### DATASET RECORDS

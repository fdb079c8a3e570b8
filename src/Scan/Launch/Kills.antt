-- ===== src/Scan/Launch/Kills.antt =====
-- What killing a scan job does, and what becomes of a start that is refused.
use quipucords.Prelude.{
  ℕ, String, ◌≡◌, ◌≢◌, refl, true, false, Option, none, some, arith, All, is_some, ap, sym, ◌∙◌,
  string_eq,
}
use quipucords.Scan.Status.{running, pending, canceled, status_eq, is_final}
use mathlib.Core.Path.{subst}
use text.Mathlib.TextEquality.{eq_iff}
use quipucords.Scan.Handle.{fetch}
use quipucords.Scan.Job
use quipucords.Scan.Job.{Job, JobState, apply, cancel}
use quipucords.Scan.Job.Tasks.{Stopped, stop-All}
use quipucords.Scan.World.{World, on_job, scan_job_is_canceled}
use quipucords.Scan.World.{Outcome, ok, raised}
use quipucords.Scan.Launch.{revoke, store_id, Plan, run_job, put, kill}

revoke-canceled :
    (id : Option String) (w : World)
    → w.celery_task_id ≡ id
    → w.is_answered ≡ true
    → ((revoke id w).0 ≡ is_some id)
      × ((revoke id w).0 ≡ true → scan_job_is_canceled (revoke id w).1 ≡ ok true)
unfolding scan_job_is_canceled
revoke-canceled none w h a = (refl, λ e. cc)
revoke-canceled (some i) w h a = (refl, λ e. ground (arith, h, a, eq_iff i i))

-- Where the answer about revoked tasks has the worker: `kill` tells whether the job has a Celery task,
-- and if it has, the job is found canceled right after. Nothing is said of a later time, when the id may
-- be another or have expired.
pub kill_revokes :
    (now : ℕ) (j : Job) (w : World)
    → w.is_answered ≡ true
    → ((kill now j w).0 ≡ is_some w.celery_task_id)
      × ((kill now j w).0 ≡ true → scan_job_is_canceled (kill now j w).1 ≡ ok true)
unfolding kill on_job
kill_revokes now j w a =
    revoke-canceled w.celery_task_id (on_job (Job.status_cancel now) j w).1 refl a

revoke_keeps :
    (id : Option String) (w : World)
    → ((revoke id w).1.job ≡ w.job) × ((revoke id w).1.tasks ≡ w.tasks)
revoke_keeps none w = (refl, refl)
revoke_keeps (some i) w = (refl, refl)

abbrev fresh : World → JobState
fresh w = record { job = fetch w.job; tasks = w.tasks }

cancels :
    (now : ℕ) (w : World)
    → is_final w.job.status ≡ false
    → ((apply (cancel now) (fresh w)).1 ≡ true)
      × ((apply (cancel now) (fresh w)).0.job.row.status ≡ canceled)
unfolding apply
cancels now w h = ground arith

-- A job that is not stored as canceled, completed or failed, killed by an instance that has the stored
-- row, is canceled, and each task of it is canceled or had ended before. Nothing is said of a job that
-- has ended: `status_cancel` is refused then.
pub kill-All :
    (now : ℕ) (w : World)
    → is_final w.job.status ≡ false
    → ((kill now w.job w).1.job.status ≡ canceled)
      × All (Stopped canceled) (kill now w.job w).1.tasks
unfolding kill on_job apply
kill-All now w h =
    let (job_kept, tasks_kept) =
      revoke_keeps w.celery_task_id (on_job (Job.status_cancel now) w.job w).1 in
    let (accepted, status) = cancels now w h in
    (
      ap (λ (j : Job). j.status) job_kept ∙ status,
      subst (All (Stopped canceled)) (sym tasks_kept) ((stop-All now (fresh w)).1 accepted),
    )

refused_run :
    (source_type : ℕ → String) (now : ℕ) (w : World)
    → w.job.status ≢ pending
    → w.job.status ≢ running
    → let r = run_job source_type now w.job w in
      (r.0 ≡ ok none) × (r.1.job.status ≡ w.job.status) × (r.1.tasks ≡ w.tasks)
unfolding run_job
refused_run source_type now w h h' = ground arith

stored_id :
    (async_result : Plan → String) (r : Outcome (Option Plan) × World)
    → r.0 ≡ ok none
    → let s = store_id async_result r in
      (s.0 ≡ ok none)
      × (s.1.job ≡ r.1.job)
      × (s.1.tasks ≡ r.1.tasks)
      × (s.1.celery_task_id ≡ some "None")
stored_id async_result (ok none, w) h = (refl, refl, refl, refl)
stored_id async_result (ok (some p), w) h = cc
stored_id async_result (raised e, w) h = cc

-- A job that is neither PENDING nor RUNNING is not started: nothing is given to Celery, its status
-- and its tasks stay as they are, and the text "None" is stored as its Celery id.
pub put_refused :
    (async_result : Plan → String) (source_type : ℕ → String) (now : ℕ) (w : World)
    → w.job.status ≢ pending
    → w.job.status ≢ running
    → let r = put async_result source_type now w.job w in
      (r.0 ≡ ok none)
      × (r.1.job.status ≡ w.job.status)
      × (r.1.tasks ≡ w.tasks)
      × (r.1.celery_task_id ≡ some "None")
unfolding put
put_refused async_result source_type now w h h' =
    let (none_run, status, tasks) = refused_run source_type now w h h' in
    let (result, job, same, id) =
      stored_id async_result (run_job source_type now w.job w) none_run in
    (result, ap (λ (j : Job). j.status) job ∙ status, same ∙ tasks, id)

### REQUIRED WORK
Print every record above exactly as written.

### REPLY TO THE TASK
repository fdb079c8a3e570b8
filename src/Scan/Launch/Kills.antt
-- ===== src/Scan/Launch/Kills.antt =====
-- What killing a scan job does, and what becomes of a start that is refused.
use quipucords.Prelude.{
  ℕ, String, ◌≡◌, ◌≢◌, refl, true, false, Option, none, some, arith, All, is_some, ap, sym, ◌∙◌,
  string_eq,
}
use quipucords.Scan.Status.{running, pending, canceled, status_eq, is_final}
use mathlib.Core.Path.{subst}
use text.Mathlib.TextEquality.{eq_iff}
use quipucords.Scan.Handle.{fetch}
use quipucords.Scan.Job
use quipucords.Scan.Job.{Job, JobState, apply, cancel}
use quipucords.Scan.Job.Tasks.{Stopped, stop-All}
use quipucords.Scan.World.{World, on_job, scan_job_is_canceled}
use quipucords.Scan.World.{Outcome, ok, raised}
use quipucords.Scan.Launch.{revoke, store_id, Plan, run_job, put, kill}

revoke-canceled :
    (id : Option String) (w : World)
    → w.celery_task_id ≡ id
    → w.is_answered ≡ true
    → ((revoke id w).0 ≡ is_some id)
      × ((revoke id w).0 ≡ true → scan_job_is_canceled (revoke id w).1 ≡ ok true)
unfolding scan_job_is_canceled
revoke-canceled none w h a = (refl, λ e. cc)
revoke-canceled (some i) w h a = (refl, λ e. ground (arith, h, a, eq_iff i i))

-- Where the answer about revoked tasks has the worker: `kill` tells whether the job has a Celery task,
-- and if it has, the job is found canceled right after. Nothing is said of a later time, when the id may
-- be another or have expired.
pub kill_revokes :
    (now : ℕ) (j : Job) (w : World)
    → w.is_answered ≡ true
    → ((kill now j w).0 ≡ is_some w.celery_task_id)
      × ((kill now j w).0 ≡ true → scan_job_is_canceled (kill now j w).1 ≡ ok true)
unfolding kill on_job
kill_revokes now j w a =
    revoke-canceled w.celery_task_id (on_job (Job.status_cancel now) j w).1 refl a

revoke_keeps :
    (id : Option String) (w : World)
    → ((revoke id w).1.job ≡ w.job) × ((revoke id w).1.tasks ≡ w.tasks)
revoke_keeps none w = (refl, refl)
revoke_keeps (some i) w = (refl, refl)

abbrev fresh : World → JobState
fresh w = record { job = fetch w.job; tasks = w.tasks }

cancels :
    (now : ℕ) (w : World)
    → is_final w.job.status ≡ false
    → ((apply (cancel now) (fresh w)).1 ≡ true)
      × ((apply (cancel now) (fresh w)).0.job.row.status ≡ canceled)
unfolding apply
cancels now w h = ground arith

-- A job that is not stored as canceled, completed or failed, killed by an instance that has the stored
-- row, is canceled, and each task of it is canceled or had ended before. Nothing is said of a job that
-- has ended: `status_cancel` is refused then.
pub kill-All :
    (now : ℕ) (w : World)
    → is_final w.job.status ≡ false
    → ((kill now w.job w).1.job.status ≡ canceled)
      × All (Stopped canceled) (kill now w.job w).1.tasks
unfolding kill on_job apply
kill-All now w h =
    let (job_kept, tasks_kept) =
      revoke_keeps w.celery_task_id (on_job (Job.status_cancel now) w.job w).1 in
    let (accepted, status) = cancels now w h in
    (
      ap (λ (j : Job). j.status) job_kept ∙ status,
      subst (All (Stopped canceled)) (sym tasks_kept) ((stop-All now (fresh w)).1 accepted),
    )

refused_run :
    (source_type : ℕ → String) (now : ℕ) (w : World)
    → w.job.status ≢ pending
    → w.job.status ≢ running
    → let r = run_job source_type now w.job w in
      (r.0 ≡ ok none) × (r.1.job.status ≡ w.job.status) × (r.1.tasks ≡ w.tasks)
unfolding run_job
refused_run source_type now w h h' = ground arith

stored_id :
    (async_result : Plan → String) (r : Outcome (Option Plan) × World)
    → r.0 ≡ ok none
    → let s = store_id async_result r in
      (s.0 ≡ ok none)
      × (s.1.job ≡ r.1.job)
      × (s.1.tasks ≡ r.1.tasks)
      × (s.1.celery_task_id ≡ some "None")
stored_id async_result (ok none, w) h = (refl, refl, refl, refl)
stored_id async_result (ok (some p), w) h = cc
stored_id async_result (raised e, w) h = cc

-- A job that is neither PENDING nor RUNNING is not started: nothing is given to Celery, its status
-- and its tasks stay as they are, and the text "None" is stored as its Celery id.
pub put_refused :
    (async_result : Plan → String) (source_type : ℕ → String) (now : ℕ) (w : World)
    → w.job.status ≢ pending
    → w.job.status ≢ running
    → let r = put async_result source_type now w.job w in
      (r.0 ≡ ok none)
      × (r.1.job.status ≡ w.job.status)
      × (r.1.tasks ≡ w.tasks)
      × (r.1.celery_task_id ≡ some "None")
unfolding put
put_refused async_result source_type now w h h' =
    let (none_run, status, tasks) = refused_run source_type now w h h' in
    let (result, job, same, id) =
      stored_id async_result (run_job source_type now w.job w) none_run in
    (result, ap (λ (j : Job). j.status) job ∙ status, same ∙ tasks, id)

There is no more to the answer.